Topcoding of earnings in ATUS

Hey IPUMS users,

As documented, earning variables are topcoded in ATUS data using a single “cutoff” value throughout all years (for example, earnweek is topcoded at 2884.61 in all data years). The problem is that average and median salaries rose during the period covered by the data, 2003-2023 (see for example here). This means that later years in the data are more coarsely topcoded, with a higher percent of cases passing the threshold every passing year. Additionally, the underestimation of the earnings of the topcoded cases grows bigger as time progresses (i.e., the average of the real earnings of cases that were topcoded will be higher in later data years while data still gives us 2884.61). As my understanding goes, this problem is exacerbated when using CPI to account for inflation because cases from 2003 earning 2884.61 will now get an even higher value relative to cases from 2023 that are also topcoded at 2884.61.
Is there a way to mitigate this problem? Is it better to topcode values again after applying CPI?

I understand this is not an ATUS question per se, but any help will be very much appreciated.
All the best and thank you for your help.

From a quick tabulation, I’m finding that the number of respondents with the top code for EARNWEEK (2884.61) increased from 202 in the 2003 ATUS to 442 in 2023 (from 1.5% to 8.2% of the total in-universe sample). As you explain, it is expected that more respondents will be top coded over time due to inflation. This may bias average earnings estimates by decreasing the reported earnings down to the top code for a growing size of the sample. It will in most cases not affect median earnings estimates since the median will still be below the top code threshold. The Census Bureau engaged with this issue in April 2023 when they instituted a dynamic topcode to weekly earnings that would be set at 3% of the sample in each survey month. This however does not address the issue for earlier samples.

You might be able to mitigate this effect by applying a consistent top code across your sample years and dropping respondents above this top code. For example, since EARNWEEK top codes at most 8.2% of respondents (in 2023), you might drop the top 8.2% of weekly earners from each sample that you analyze. Alternatively, if you’re interested in comparing inflation adjusted earnings, then you might observe that the top code value in 2023 is roughly equivalent to $1,752 in 2003. In this case, you might exclude respondents in each year whose inflation adjusted weekly earnings exceed the top code for your most recent year of analysis. A good strategy may be to perform your analysis with and without respondents with top-coded income values and compare your results.

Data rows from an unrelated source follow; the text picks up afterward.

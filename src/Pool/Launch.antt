-- ===== src/Pool/Launch.antt =====
-- `_launch_worker` and `_worker_registry`.
use infly.Prelude.{◌+◌, true, false, none, some, String, List, [], ◌∷◌}
use infly.Prelude.Exec.{ok, raise}
use infly.Prelude.Text.{◌⊕◌}
use infly.Core.Errors.{Outcome}
use infly.Core.Contracts.{Value, object}
use infly.Handlers.{with_runtime_context}
use infly.Registry
use infly.Registry.{HandlerRegistry}
use infly.Pool.State.{Worker}

-- The context that a worker's handlers are given, by what `str` shows of it.
abbrev pub runtime_context : Worker → Value
runtime_context w =
    object ("{'group_name': '" ⊕ w.group.name ⊕ "', 'worker_id': '" ⊕ w.worker_id ⊕ "'}")

infixl 5 ◌>>=◌
abbrev ◌>>=◌ : {A B : Type 0} → Outcome A → (A → Outcome B) → Outcome B
ok a >>= f = f a
raise e >>= f = raise e

-- The loop of `_worker_registry`.
unfoldable pub add_all_to :
    HandlerRegistry → Value → List String → HandlerRegistry → Outcome HandlerRegistry
unfolding Registry.get Registry.add with_runtime_context
add_all_to registry context [] child = ok child
add_all_to registry context (handler_name ∷ names) child = do
  definition ← Registry.get handler_name registry
  own ← with_runtime_context definition context
  add_all_to registry context names (Registry.add own child)

-- `_worker_registry`
unfoldable pub worker_registry : HandlerRegistry → Worker → Outcome HandlerRegistry
unfolding add_all_to
worker_registry registry w = add_all_to registry (runtime_context w) w.handler_names []

-- The worker's fields as `_launch_worker` sets them.
abbrev pub relaunched : Worker → Worker
relaunched w = record w {
  generation = w.generation + 1;
  alive = false;
  outstanding = 0;
  next_restart_at = none;
  task_queue = some [];
  has_process = true;
  process_closed = false;
}

abbrev pub launched_with : Outcome HandlerRegistry → Worker → Outcome Worker
launched_with (ok child) w = ok (relaunched w)
launched_with (raise e) w = raise e

-- `_launch_worker`
unfoldable pub launch_worker : HandlerRegistry → Worker → Outcome Worker
unfolding worker_registry
launch_worker registry w = launched_with (worker_registry registry w) w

For methods other than dropping top coded respondents, I recommend reviewing this paper on using the pareto distribution approach for top coded values. You will also want to review how other researchers and publications handle this issue.

Hi Ivan, how do we know that EARNWEEK top codes at most 8.2% of respondents in 2023? I’m getting about 10% of respondents with values ≧2884.61. Thanks much, SG

. su earnweek if earnweek<99999.99 & year==2023

-------------±--------------------------------------------------------
earnweek | 4,381 1308.9 809.4945 0 2884.61

. su earnweek if year==2023 & earnweek>=2884.61 & earnweek<99999.99

-------------±--------------------------------------------------------
earnweek | 442 2884.61 0 2884.61 2884.61

Below I have calculated the share of respondents in each ATUS sample whose EARNWEEK value was top coded at 2884.61. Generally, this represents the share of respondents whose exact EARNWEEK value is not known due to the top code imposed in the original data, but who earned weekly income of at least $2884.61. In all cases, I have restricted the dataset to only those who are in-universe for EARNWEEK. I did this by excluding respondents with EARNWEEK=99999.99 (see codes tab).

This first table is weighted using WT06 (for all samples except 2020) and WT20 (for 2020). I created a variable *topcoded—*a binary variable equal to one if EARNWEEK=2884.61. There are no values of EARNWEEK above this threshold in IPUMS ATUS data, with the exception of 2024, which we discussed in an earlier forum thread. I have used the svyset [pweight=weight] command to declare weights for the survey data and produce a weighted cross tabulation of year and the topcoded variable.

This represents the share of the population that had weekly earnings at or above 2884.61 each year. You can see that in the 2023 sample, 8.17 percent of individuals had weekly earnings at or above 2884.61. In Ivan’s post, he wrote that 8.2 percent of respondents had top-coded EARNWEEK values in 2023; it would be more accurate to say that about 8.2 percent of the U.S. population had weekly earnings of 2884.61 or more in 2023, as estimated using the ATUS data.

This second table is an unweighted cross tabulation of the topcoded variable and year. This represents the unweighted share of the sample that had weekly earnings at or above 2884.61 each year. This tells you how many individuals in the dataset are affected by topcoding.

Thanks Isabel, that was incredibly helpful, including the distinction between population estimates and sample values. I wonder if your conclusion that “about 8.2 percent of the U.S. population had weekly earnings of 2884.61 or more in 2023, as estimated using the ATUS data” can be used to check the ATUS earnings variable against other earnings measures, e.g. CPS or PSID. Anyway, thanks again!